France is the world's second-largest hip-hop market and the fifth largest global music market, with 7 percent of the world's music sales, but with an unusually high quantity of local product (Negus: 159-60), although the domestic share of the French music market dropped from 48 percent to 44 percent in 1998 (Boehm 1999). Francophone rap was given a boost in the early 2000s by a decision of the French ministry of culture, which insisted that French-language stations play a minimum of 40 percent French-language music during their emissions.[6]
This makes up one quarter of the radio's top 100, ten percent of local music production and has sold hundreds of thousands of CDs.[7] French hip hop, however, is often criticized for imitating American hip hop style. French Rapper MC Solaar agrees sarcastically, saying, "French rap is pretty much a U.S. branch office... we copy everything, don't we? We don't even take a step back." [8]
[edit] The 90s and 00s
Through the nineties, the music grew to become one of the most popular genres in France; in 1997, IAM's release "L'école du Micro d'Argent" sold more than 1 million discs, with NTM moving more than 700,000 copies of their final album "Supreme NTM". The group went their separate ways in 2000.

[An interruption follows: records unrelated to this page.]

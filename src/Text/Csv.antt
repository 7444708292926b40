-- ===== src/Text/Csv.antt =====
-- my_csv and the loop over a line: fields joined by tabs come back.
use sweet_clib.Prelude.{
  ℕ, zero, suc, ◌<◌, ◌≡◌, ◌≢◌, refl, Bool, true, false, not, ◌&&◌, ◌||◌, some, List, [], ◌∷◌, ◌++◌,
  arith, length, ◌==◌, Option, none, ltb, leb, if◌then◌else◌, Bool-cases, inl, inr, ◌+◌,
}
use sweet_clib.Text.{
  Bytes, char_at, isspace, newline, csv_end, my_csv, csv_fields, title_buf, title_max,
}

-- A character that belongs to a field.
abbrev pub inside : ℕ → Bool
inside c = not (c == newline) && (c == b' ' || not (isspace c))

abbrev pub Clean : Bytes → Type 0
Clean [] = Unit
Clean (c ∷ f) = (inside c ≡ true) × Clean f

-- A line: the fields with tabs between them, and a newline.
abbrev pub line : List Bytes → Bytes
line [] = newline ∷ []
line (f ∷ []) = f ++ newline ∷ []
line (f ∷ g ∷ fs) = f ++ 9 ∷ line (g ∷ fs)

-- All fields are clean, and the last one is not empty.
abbrev pub IsRow : List Bytes → Type 0
IsRow [] = Unit
IsRow (f ∷ []) = Clean f × (f ≢ [])
IsRow (f ∷ g ∷ fs) = Clean f × IsRow (g ∷ fs)

my_csv-append :
    (room : ℕ) (f : Bytes) (c : ℕ) (s : Bytes)
    → Clean f
    → inside c ≡ false
    → my_csv room (f ++ c ∷ s) ≡ (if leb (length f) room then some (f, csv_end c s) else none)
unfolding my_csv
my_csv-append room [] c s k e = let fits : leb 0 room ≡ true = ground arith in rw (e, fits) refl
my_csv-append zero (d ∷ f) c s k e =
    let full : leb (suc (length f)) 0 ≡ false = ground arith in rw (k.0, full) refl
my_csv-append (suc n) (d ∷ f) c s k e = elim (Bool-cases (leb (length f) n)) [
  | inl a ↦
      let fits : leb (suc (length f)) (suc n) ≡ true = ground (arith, a) in
      rw (k.0, my_csv-append n f c s k.1 e, a, fits) refl
  | inr a ↦
      let full : leb (suc (length f)) (suc n) ≡ false = ground (arith, a) in
      rw (k.0, my_csv-append n f c s k.1 e, a, full) refl
]

line-nonempty :
    (g : Bytes) (fs : List Bytes) → IsRow (g ∷ fs) → (char_at (line (g ∷ fs)) == newline) ≡ false
line-nonempty [] [] k = absurd (k.1 refl)
line-nonempty [] (h ∷ fs) k = refl
line-nonempty (c ∷ g) [] k = ground arith
line-nonempty (c ∷ g) (h ∷ fs) k = ground arith

-- Every field fits its buffer, and the fields from the n-th on fit the array of titles.
abbrev pub fitting : ℕ → List Bytes → Bool
fitting n [] = true
fitting n (f ∷ fs) = (leb (length f) title_buf && ltb n title_max) && fitting (n + 1) fs

abbrev returned : Bool → List Bytes → Option (List Bytes)
returned fits fs = if fits then some fs else none

-- A field in front of what is returned, when it fits itself.
returned-cons :
    (fits others : Bool) (f : Bytes) (fs : List Bytes)
    → (if fits then (elim (returned others fs) [ none ↦ none | some gs ↦ some (f ∷ gs) ]) else none)
      ≡ returned (fits && others) (f ∷ fs)
returned-cons true true f fs = refl
returned-cons true false f fs = refl
returned-cons false others f fs = refl

-- A round of the loop.
csv_fields-round :
    (fuel n c : ℕ) (f : Bytes) (s : Bytes) (fs : List Bytes)
    → Clean f
    → inside c ≡ false
    → (char_at (f ++ c ∷ s) == newline) ≡ false
    → csv_fields fuel (n + 1) (csv_end c s) ≡ returned (fitting (n + 1) fs) fs
    → csv_fields (suc fuel) n (f ++ c ∷ s) ≡ returned (fitting n (f ∷ fs)) (f ∷ fs)
unfolding csv_fields
csv_fields-round fuel n c f s fs k e h later =
    let field = my_csv-append (title_buf + 1) f c s k e in
    elim (Bool-cases (leb (length f) (title_buf + 1))) [
      | inl a ↦
          rw (h, field, a, later)
            (returned-cons (leb (length f) title_buf && ltb n title_max) (fitting (n + 1) fs) f fs)
      | inr a ↦
          let long : leb (length f) title_buf ≡ false = ground (arith, a) in
          rw (h, field, a, long) refl
    ]

-- The loop over a line of tab-separated titles (no newline and no white space but blanks inside them,
-- the last one not empty), from title n on, whenever the fuel exceeds their number: it returns the
-- titles, when each has at most 8192 characters and the last is at most the 400th, and writes or reads
-- outside of an array when one is longer or there are more.
pub csv_fields-line :
    (fuel n : ℕ) (fs : List Bytes)
    → IsRow fs
    → length fs < fuel
    → csv_fields fuel n (line fs) ≡ (if fitting n fs then some fs else none)
unfolding csv_fields csv_end isspace
csv_fields-line zero n fs k h = elim h [ ]
csv_fields-line (suc fuel) n [] k h = refl
csv_fields-line (suc fuel) n (f ∷ []) k h =
    csv_fields-round fuel n newline f [] [] k.0 (unfold isspace in refl) (line-nonempty f [] k)
      (csv_fields-line fuel (n + 1) [] tt (omega arith))
csv_fields-line (suc fuel) n (f ∷ g ∷ fs) k h =
    csv_fields-round fuel n 9 f (line (g ∷ fs)) (g ∷ fs) k.0 (unfold isspace in refl)
      (line-nonempty f (g ∷ fs) k) (csv_fields-line fuel (n + 1) (g ∷ fs) k.1 (omega arith))
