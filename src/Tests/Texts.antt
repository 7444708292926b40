-- ===== src/Tests/Texts.antt =====
-- Runs of the string functions, the sort and the message at concrete inputs.
use mathlib.Core.List.{Perm}
use sweet_clib.Prelude.{
  ℕ, ◌+◌, ◌*◌, ◌-◌, ◌%◌, ◌^◌, ◌≡◌, ◌↔◌, refl, Bool, true, none, some, List, [], ◌∷◌, ◌++◌, arith,
  ltb, map, take, drop,
}
use sweet_clib.Linked.{success}
use sweet_clib.Sort.{issort}
use sweet_clib.Sort.Correct.{IsTotal, Ascending, issort-Ascending}
use sweet_clib.Text.{
  Bytes, res_room, tolower, str_tolower, str_delchar, strntok, csv_fields, isspace,
}
use sweet_clib.Text.Token.{split, fitting_token, rest_of, strntok-split}
use sweet_clib.Text.Buffer.{fitting, without, str_functions-fitting}
use sweet_clib.Text.Csv.{line, IsRow, csv_fields-line}
use sweet_clib.Kvmsg.{
  Kvmsg, byte_of, kvmsg_sequence, kvmsg_set_sequence, kvmsg_recv, kvmsg_send, kvmsg_key, kvmsg_size,
  kvmsg_key_max,
}
use sweet_clib.Kvmsg.Sequence.{kvmsg_sequence-set_sequence}
use sweet_clib.Kvmsg.Wire.{arrived, kvmsg_recv-send}

abbrev above : ℕ → ℕ → Bool
above x y = ltb y x

above-IsTotal : IsTotal above
above-IsTotal = record { total = λ a b e. ground arith; chain = λ a b c p q. ground arith }

issort-Ascending_example :
    ((issort above true (3 ∷ 1 ∷ 2 ∷ [])).0 ≡ success)
    × Ascending above (issort above true (3 ∷ 1 ∷ 2 ∷ [])).1
    × Perm (issort above true (3 ∷ 1 ∷ 2 ∷ [])).1 (3 ∷ 1 ∷ 2 ∷ [])
issort-Ascending_example = issort-Ascending above above-IsTotal (3 ∷ 1 ∷ 2 ∷ [])

-- The text "a, b" and the separator ", ".
abbrev text : Bytes
text = 97 ∷ 44 ∷ 32 ∷ 98 ∷ []

abbrev separator : Bytes
separator = 44 ∷ 32 ∷ []

strntok-split_example :
    (strntok (some text) separator 2 ≡ some (fitting_token res_room (split separator 2 text)))
    × ((p : Bytes) × (text ≡ (split separator 2 text).0 ++ p)
        × ((split separator 2 text).1 ≡ rest_of (drop 2 p)))
strntok-split_example = strntok-split text separator 2 (omega arith)

str_functions-fitting_example :
    (str_tolower (65 ∷ 98 ∷ []) ≡ fitting res_room (map tolower (65 ∷ 98 ∷ [])))
    × (str_delchar (65 ∷ 98 ∷ []) (98 ∷ []) ≡ fitting res_room (without 98 (65 ∷ 98 ∷ [])))
str_functions-fitting_example = str_functions-fitting (65 ∷ 98 ∷ []) (98 ∷ [])

-- A row of three fields, the middle one empty.
abbrev row : List Bytes
row = (97 ∷ 32 ∷ []) ∷ [] ∷ (98 ∷ []) ∷ []

row-IsRow : IsRow row
unfolding isspace
row-IsRow = ((refl, (refl, tt)), (tt, ((refl, tt), λ e. cc)))

csv_fields-line_example : csv_fields 4 0 (line row) ≡ some row
csv_fields-line_example = csv_fields-line 4 0 row row-IsRow (omega arith)

abbrev message : Kvmsg
message = record { key_frame = some (107 ∷ []); seq_frame = none; body_frame = none; key = [] }

kvmsg_sequence-set_sequence_example :
    (kvmsg_sequence (kvmsg_set_sequence message 65536)
      ≡ some ((65536 + byte_of 65536 16 * (2 ^ 26 - 2 ^ 16)) % 2 ^ 64))
    × ((kvmsg_sequence (kvmsg_set_sequence message 65536) ≡ some 65536) ↔ (byte_of 65536 16 ≡ 0))
kvmsg_sequence-set_sequence_example = kvmsg_sequence-set_sequence message 65536 (omega arith)

kvmsg_recv-send_example :
    (kvmsg_recv (kvmsg_send message ++ []) ≡ some (arrived message, []))
    × ((kvmsg_key (arrived message)).0 ≡ some (take kvmsg_key_max (107 ∷ [])))
    × (kvmsg_size (arrived message) ≡ kvmsg_size message)
kvmsg_recv-send_example = kvmsg_recv-send message []
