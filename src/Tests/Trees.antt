-- ===== src/Tests/Trees.antt =====
-- Runs of the trees at concrete inputs.
use sweet_clib.Prelude.{
  ℕ, ◌≡◌, ◌⊎◌, refl, true, false, none, some, List, [], ◌∷◌, arith, if◌then◌else◌, ltb,
}
use sweet_clib.Linked.{Status, success}
use sweet_clib.Bistree.{
  Sign, negative, zero_sign, positive, eob, node, avl_rgt_heavy, avl_balanced, BisTree,
  bistree_insert, bistree_remove, bistree_lookup, rotate_right, insert_root, insert, after_right,
  new_node, right_grown, by_sign,
}
use sweet_clib.Bistree.Order.{IsOrder}
use sweet_clib.Bistree.Release.{bistree_init, bistree_destroy, bistree_destroy-post_data}
use sweet_clib.Bistree.Search.{IsValid}
use sweet_clib.Bistree.Lookup.{Inserted, bistree_insert-Inserted, bistree_remove-lookup}

abbrev nat_compare : ℕ → ℕ → Sign
nat_compare x y = if ltb x y then negative else if ltb y x then positive else zero_sign

nat_compare-IsOrder : IsOrder nat_compare
nat_compare-IsOrder = record {
  compare_self = λ x. ground arith;
  compare_flip = λ x y. ground arith;
  negative_trans = λ x y z. ground arith;
  zero_congr = λ x y z. ground arith;
}

-- 5 with 8 on its right: an insertion of 9 rotates.
abbrev five_eight : BisTree ℕ
five_eight = record {
  size = 2;
  destroys = true;
  root = node 5 false avl_rgt_heavy eob (node 8 false avl_balanced eob eob);
}

five_eight-IsValid : IsValid nat_compare five_eight
five_eight-IsValid = record {
  shape = (refl, tt, (refl, tt, tt));
  sorted = ((refl, tt), (tt, tt));
  counted = refl;
}

bistree_insert-Inserted_example :
    (s : Status) × (t' : BisTree ℕ) × (p : List ℕ) × (bistree_insert nat_compare true five_eight 9
      ≡ some (s, t', p))
    × Inserted nat_compare nat_compare-IsOrder true five_eight 9 s t'
bistree_insert-Inserted_example =
    bistree_insert-Inserted nat_compare nat_compare-IsOrder true five_eight 9 five_eight-IsValid

bistree_remove-lookup_example :
    IsValid nat_compare (bistree_remove nat_compare five_eight 8).1
    × ((bistree_remove nat_compare five_eight 8).1.size ≡ 2)
    × (((bistree_remove nat_compare five_eight 8).0 ≡ success)
        ⊎ (bistree_lookup nat_compare five_eight 8 ≡ none))
    × ((q : ℕ)
        → bistree_lookup nat_compare (bistree_remove nat_compare five_eight 8).1 q
          ≡ by_sign
              (nat_compare q 8)
              (bistree_lookup nat_compare five_eight q)
              none
              (bistree_lookup nat_compare five_eight q))
bistree_remove-lookup_example =
    bistree_remove-lookup nat_compare nat_compare-IsOrder five_eight 8 five_eight-IsValid

-- What the tree holds after 9 went in: 8 at the root.
inserted_nine :
    bistree_insert nat_compare true five_eight 9
    ≡ some (
      success,
      record {
        size = 3;
        destroys = true;
        root =
            node 8 false avl_balanced
              (node 5 false avl_balanced eob eob)
              (node 9 false avl_balanced eob eob);
      },
      [],
    )
unfolding bistree_insert insert_root insert after_right new_node right_grown rotate_right
inserted_nine = refl

bistree_destroy-post_data_example :
    IsValid nat_compare (bistree_init true)
    × ((bistree_destroy five_eight).0 ≡ 8 ∷ 5 ∷ [])
    × IsValid nat_compare (bistree_destroy five_eight).1
bistree_destroy-post_data_example =
    bistree_destroy-post_data nat_compare true five_eight five_eight-IsValid
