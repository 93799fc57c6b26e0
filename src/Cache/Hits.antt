-- ===== src/Cache/Hits.antt =====
-- `cache_get` and the reads of the main function in 09_app_cache.c.
use inside_the_cpu_storage_a.Base.{
  ℕ, zero, suc, ◌+◌, ◌^◌, ◌≤◌, ◌<◌, ◌≡◌, inl, inr, refl, ap, sym, ◌∙◌, Bool, true, false, Option,
  none, some, List, [], ◌∷◌, arith, length, get_or, set, total, if◌then◌else◌, is_some,
  Option-cases, length-set, get_or-set_self, get_or-set_ne, total-set, ℕ_discrete,
}
use mathlib.Core.Option.{some-injective}
use inside_the_cpu_storage_a.Cache.{
  CachedBlock, BlockCache, k_blocks, plus_one, pick, holds, on_entry, cache_get, read_all,
}

-- 1 for a block in the table
abbrev pub taken : Option CachedBlock → ℕ
taken o = if is_some o then 1 else 0

taken-at_most : (bs : List (Option CachedBlock)) → total taken bs ≤ length bs
taken-at_most [] = omega arith
taken-at_most (b ∷ bs) = ground (arith, taken-at_most bs)

module _ (device : ℕ → CachedBlock) where
  -- Each block of the table is the device's; every miss is one read of the device and one block in the table.
  pub record IsCache (c : BlockCache) : Type 0 where
    pub size : length c.blocks ≡ k_blocks
    pub agrees : (n : ℕ) (b : CachedBlock) → get_or c.blocks n none ≡ some b → b ≡ device n
    pub one_each : total taken c.blocks ≡ c.cached
    pub one_read : c.device_reads ≡ c.misses
    pub one_block : c.misses ≡ c.cached

  -- What a call with memory for a block does.
  pub record Got (c : BlockCache) (n : ℕ) (c' : BlockCache) : Type 0 where
    pub in_order : IsCache c'
    pub counted : c'.hits + c'.misses ≡ c.hits + c.misses + 1
    pub grows : c'.hits ≤ c.hits + 1
    pub kept : get_or c'.blocks n none ≡ some (device n)

  module _ (c : BlockCache) (n : ℕ) (v : IsCache c) (below : n < k_blocks)
      (small : c.hits < 2 ^ 63) where
    hit-Got :
        (b : CachedBlock)
        → get_or c.blocks n none ≡ some b
        → Got c n (record c { hits = plus_one c.hits })
    hit-Got b e = record {
      in_order = record {
        size = v.size;
        agrees = v.agrees;
        one_each = v.one_each;
        one_read = v.one_read;
        one_block = v.one_block;
      };
      counted = omega arith;
      grows = omega arith;
      kept = e ∙ ap some (v.agrees n b e);
    }

    abbrev filled : BlockCache
    filled = record c {
      blocks = set c.blocks n (some (device n));
      cached = plus_one c.cached;
      misses = plus_one c.misses;
      device_reads = plus_one c.device_reads;
    }

    fewer : c.cached ≤ k_blocks
    fewer = omega (arith, taken-at_most c.blocks, v.one_each, v.size)

    here : get_or (set c.blocks n (some (device n))) n none ≡ some (device n)
    here = get_or-set_self c.blocks n (some (device n)) none (omega (arith, v.size))

    filled-Got : get_or c.blocks n none ≡ none → Got c n filled
    filled-Got e = record {
      in_order = record {
        size = length-set c.blocks n _ ∙ v.size;
        agrees = λ m b h. elim (ℕ_discrete n m) [
          | yes same ↦
              some-injective _ _ (
                sym h
                ∙ ap (λ k. get_or (set c.blocks n (some (device n))) k none) (sym same)
                ∙ here)
              ∙ ap device same
          | no other ↦
              v.agrees m b (sym (get_or-set_ne c.blocks n m (some (device n)) none other) ∙ h)
        ];
        one_each = omega (
          arith,
          total-set taken c.blocks n (some (device n)) none (omega (arith, v.size)),
          ap taken e,
          v.one_each,
          fewer,
        );
        one_read = ap plus_one v.one_read;
        one_block = ap plus_one v.one_block;
      };
      counted = omega (arith, fewer, v.one_block);
      grows = omega arith;
      kept = here;
    }

  -- On a cache in order, with memory for a new block, `cache_get` of a block of the table gives the device's
  -- block, which stays in the cache: a hit when it was there, otherwise one miss and one read of
  -- the device. The cache stays in order.
  pub cache_get_lem :
      (room : ℕ → Bool) (c : BlockCache) (n : ℕ)
      → IsCache c
      → n < k_blocks
      → c.hits < 2 ^ 63
      → ((m : ℕ) → room m ≡ true)
      → (c' : BlockCache) × (cache_get device room c n ≡ (c', some (device n))) × Got c n c'
  unfolding cache_get
  cache_get_lem room c n v below small given = elim (Option-cases (get_or c.blocks n none)) [
    | inl e ↦ (
      filled c n v below small,
      ap (on_entry device room c n) e
          ∙ ap
              (λ b.
                if b
                then (filled c n v below small, some (device n))
                else (record c { misses = plus_one c.misses }, none))
              (given c.misses),
      filled-Got c n v below small e,
    )
    | inr (b, e) ↦ (
      record c { hits = plus_one c.hits },
      ap (on_entry device room c n) e
          ∙ ap (λ x. (record c { hits = plus_one c.hits }, some x)) (v.agrees n b e),
      hit-Got c n v below small b e,
    )
  ]

  pick-below : (r : ℕ) → (pick r).0 < k_blocks
  unfolding pick
  pick-below r = ground arith

  -- From a cache in order, with memory for every block and a device whose blocks pass the main function's
  -- test, any number of reads below 2^63 in all end with the cache in order and the test passed,
  -- whatever the generator's state: each read is counted as a hit or a miss, each miss is one
  -- read of the device, and there are at most 64 misses, one for each block.
  pub read_all_lem :
      (room : ℕ → Bool) (reads : ℕ) (c : BlockCache) (r : ℕ)
      → IsCache c
      → c.hits + reads < 2 ^ 63
      → ((m : ℕ) → room m ≡ true)
      → ((n : ℕ) → n < k_blocks → holds n (some (device n)) ≡ true)
      → (c' : BlockCache) × (r' : ℕ) × (read_all device room reads c r true ≡ (c', r', true))
        × IsCache c'
        × (c'.hits + c'.misses ≡ c.hits + c.misses + reads)
        × (c'.device_reads ≡ c'.misses)
        × (c'.misses ≤ k_blocks)
  unfolding read_all
  read_all_lem room zero c r v small given good = (
    c,
    r,
    refl,
    v,
    omega arith,
    v.one_read,
    omega (arith, taken-at_most c.blocks, v.one_each, v.size, v.one_block),
  )
  read_all_lem room (suc reads) c r v small given good =
      let n : ℕ = (pick r).0 in
      let (c₁, got, g) = cache_get_lem room c n v (pick-below r) (omega arith) given in
      let (c', r', run, v', counted, one_read, few) =
        read_all_lem room reads c₁ (pick r).1 g.in_order (omega (arith, g.grows)) given good in
      (
        c',
        r',
        ap (λ x. read_all device room reads x.0 (pick r).1 (if holds n x.1 then true else false))
              got
            ∙ ap (λ b. read_all device room reads c₁ (pick r).1 (if b then true else false))
                (good n (pick-below r))
            ∙ run,
        v',
        omega (arith, counted, g.counted),
        one_read,
        few,
      )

In the 2000s, similar to developments in the USA, a gap has begun to emerge in French hip hop between artists seen as having sold out, belonging to the mainstream, and more innovative independent artists. La Rumeur, and Sheryo, some hardcore rappers are known for their rejection of mainstream French rap, while Casey, Rocé, Médine and Youssoupha represent a mix of hardcore or purist rap and mainstream designs.
Music was one way that rappers were able to bring their African heritage into their country. French tracks are often enhanced by recordings of African musical instruments, such as the kora, the balafon, and the ngoni. French rappers incorporate many different drums from African cultures into their hip hop, again installing their African heritage.[9]